Building IS-Perceptive React Apps with IS-Core
A practical introduction for React developers
Pronab Pal
IntentixLab, Melbourne, Australia
Version 1.0 — May 2026
1. Why React Developers Should Care
React is excellent at rendering user interfaces and managing local interaction state. But in most React applications, components quietly accumulate too many responsibilities:
- capturing user input
- validating values
- normalising values
- deciding what action means
- updating application state
- coordinating backend calls
- deriving business results
This makes applications productive at first, but increasingly difficult to inspect, replay, test, or port across platforms.
An IS-Perceptive React App keeps React productive while moving application meaning into explicit Intention Space structures.
React remains the rendering layer.
IS-Core becomes the intention/runtime layer.
The key shift is simple:
React does not decide what the user meant.

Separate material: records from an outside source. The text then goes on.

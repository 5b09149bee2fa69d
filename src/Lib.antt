-- ===== src/Lib.antt =====
-- actix-web-lab: extractors, typed headers, responders and middleware for the actix-web framework,
-- with russe, a decoder of server-sent events, and two smaller crates.
--
-- The parts of the program and the files that model them:
--
--   * actix-web-lab/src/sse.rs, the server's side of an event stream. Sse.antt has the struct `Data`
--     and the enum `Event` with the functions that write them (`into_bytes`,
--     `line_split_with_prefix`, `retry_to_bytes`, `keep_alive_bytes`); Sse/Polling.antt has the
--     response body `Sse`, its builders and `poll_next`; Sse/Responding.antt its constructors and the
--     response. The inner stream and the interval of a body
--     are states with a poll of each, which the definitions take as arguments.
--   * russe/src, the client's side. Russe.antt has `Decoder::decode` (decoder.rs) with the buffer it
--     cuts, the variables it carries from line to line, and a value for each way in which it ends:
--     nothing yet, an event, an error, a panic. Russe/Search.antt states what is used of the memchr
--     and aho-corasick crates. RoundTrip and its children put the two sides together.
--   * actix-web-lab/src/header.rs and the typed headers: Header.antt has the two functions on
--     comma-delimited quoted strings; Header/ClearSiteData, Header/CacheControl,
--     Header/StrictTransportSecurity, Header/ContentLength, Header/Forwarded and
--     Header/XForwardedPrefix the module of that name, each with `FromStr`, the value that is
--     written, and `parse`. Header values, actix-http's comma-delimited lists and http's paths are
--     records of operations with the laws that their documentation gives (Header/Http, Header/Comma,
--     `Paths` of Header/XForwardedPrefix).
--   * actix-web-lab/src/bytes.rs, json.rs and url_encoded_form.rs, the extractors that collect a
--     payload within a limit. They share one loop, which Payload.antt has once, over a record of
--     that in which they differ; Payload/BytesBody, Payload/JsonBody and Payload/FormBody are the
--     three. A payload is the list of what its stream does in each turn.
--   * fork_request_payload of actix-web-lab/src/util.rs, with body_limit.rs and
--     actix-hash/src/body_hash.rs, which count and hash what another extractor reads: Fork.antt has
--     the proxy and the channel, Fork/Reads what may be done with them, Fork/BodyLimit and
--     Fork/BodyHash the two futures, for any inner extractor (`Extractor`).
--   * actix-web-lab/src/normalize_path.rs, load_shed.rs and the three redirect_to_*.rs, the
--     middleware, in Middleware/NormalizePath, Middleware/LoadShed and Middleware/Redirects: what a
--     service or a function does with a request until it is passed on to the inner service, which
--     is a state with a poll and a call, or answered.
--   * actix-web-lab/src/err_handler.rs, middleware_map_response.rs, middleware_map_response_body.rs,
--     catch_panic.rs and panic_reporter.rs, the middleware that wraps a service's future, in
--     Middleware/Wrappers. Future.antt says what a future is (`Machine`) and what it comes to
--     (`Settles`); Middleware/Wrappers/Sequence has the shape of a future in two parts, which three
--     of them share.
--   * actix-web-lab/src/request_signature.rs: Signature.antt has the turns of the extractor, of the
--     task that folds the chunks and of the task's handle, in any order; Signature/Channel the proxy
--     that copies the chunks; Signature/Folding the scheme's functions one after another.
--   * russe/src/reqwest_0_12.rs, the adapter of the decoder to a response body: Russe/Framing has the
--     runs of a reader of chunks, Russe/Client the manager of requests. RoundTrip/EndToEnd goes from
--     the events of a handler to those of a client.
--   * actix-web-lab/src/body_channel.rs and body_async_write.rs, in Body.antt, over a channel
--     (Body/Channel); Body/Operations has the steps that its holders take,
--     Body/Writing those of a writer.
--   * actix-web-lab/src/swap_data.rs, local_data.rs and lazy_data.rs, the shared state, in State, over
--     arc_swap (`ArcSwap` of State/SwapData) and tokio's OnceCell (State/OnceCell) as interfaces.
--   * actix-web-lab/src/csv.rs, ndjson.rs and display_stream.rs, in Lines.antt, with what they use of
--     util.rs; query.rs, path.rs, cbor.rs and msgpack.rs, in Extract; the futures of json.rs,
--     url_encoded_form.rs and bytes.rs that poll a body, in Payload/Extracting.
--   * actix-client-ip-cloudflare/src: ClientIp.antt has the set of trusted ranges (fetch_cf_ips.rs)
--     and the extractor of a client's address (extract.rs), over the ipnetwork crate;
--     ClientIp/Headers has the two headers, ClientIp/Fetching the fetching of the ranges.
--   * actix-web-lab-derive/src/lib.rs, in Derive.antt: which fields of a struct the code that the macro
--     makes extracts, which it copies, and what that code does.
--   * actix-web-lab/src/spa.rs, in Spa.antt.
--
-- Text is a list of Unicode code points and bytes are a list of numbers (Text.antt, Bytes.antt);
-- the functions of Rust's standard library that the code calls (split, trim, strip, join, parse of
-- an unsigned integer, UTF-8 validity) are written out there and in Text/Split, Text/Decimal and
-- Text/Trim. Integers are natural numbers with the bound of their type at the place where a text is
-- parsed; lengths in memory are taken not to wrap. Durations are seconds and nanoseconds (Time.antt).
--
-- The loops that drive a future (`drive`) run on the number of polls. In Payload.antt more polls
-- than the payload has turns are enough, whatever the payload: each poll uses up at least one. With
-- a forked payload it is the inner extractor that decides how many polls there are, and the
-- theorems hold for any number. The other loops are recursion on their input, but for the digits of
-- a number, whose fuel is one more than the number.
--
-- The runs of a signature, of a channel body and of a lazy value are lists of steps of any length, so
-- there is no bound on them; the reader of chunks is a relation, which is shown to have a run on any
-- body, by a fuel of one more than the body's length.
--
-- Not modelled: logging and wake-ups; what files and the network give; the tokens of the derive
-- macro; the helpers for tests; actix-web itself, whose services, routes and responses are
-- parameters or are left out.
pub mod Common
pub mod Text
pub mod Bytes
pub mod Time
pub mod Future
pub mod Header
pub mod Sse
pub mod Russe
pub mod RoundTrip
pub mod Payload
pub mod Fork
pub mod Middleware
pub mod ClientIp
pub mod Signature
pub mod Body
pub mod State
pub mod Lines
pub mod Extract
pub mod Derive
pub mod Spa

React preserves what the user did.
2. The Core Rule
In an IS-Perceptive React app:
React captures raw human input.
React sends that input unchanged as a Pulse.
Only a DN may transform, derive, validate, or interpret meaning.
This is the most important discipline.
Allowed in React:
- hold the typed value temporarily
- render the typed value
- send the value exactly as entered
- render the reflected DN result
Not allowed in React:
- trim before sending
- convert case before sending
- silently validate
- derive business state
- mutate the response outside the DN
- decide the semantic result of an action
If transformation is needed, it belongs in the DN.
3. The Runtime Picture
A React component interacts with IS-Core through a cell action.
React Pulse Component
↓
cell action
↓
Signal
↓
IS-Core /cell-action
↓
Intention Container
↓
O_holder
↓
DN
↓
O_reflector
↓
direct reflected result
↓
React re-render
The same reflected Signal may also be absorbed into the CPUX Field, where the Visitor handles cross-IC causality.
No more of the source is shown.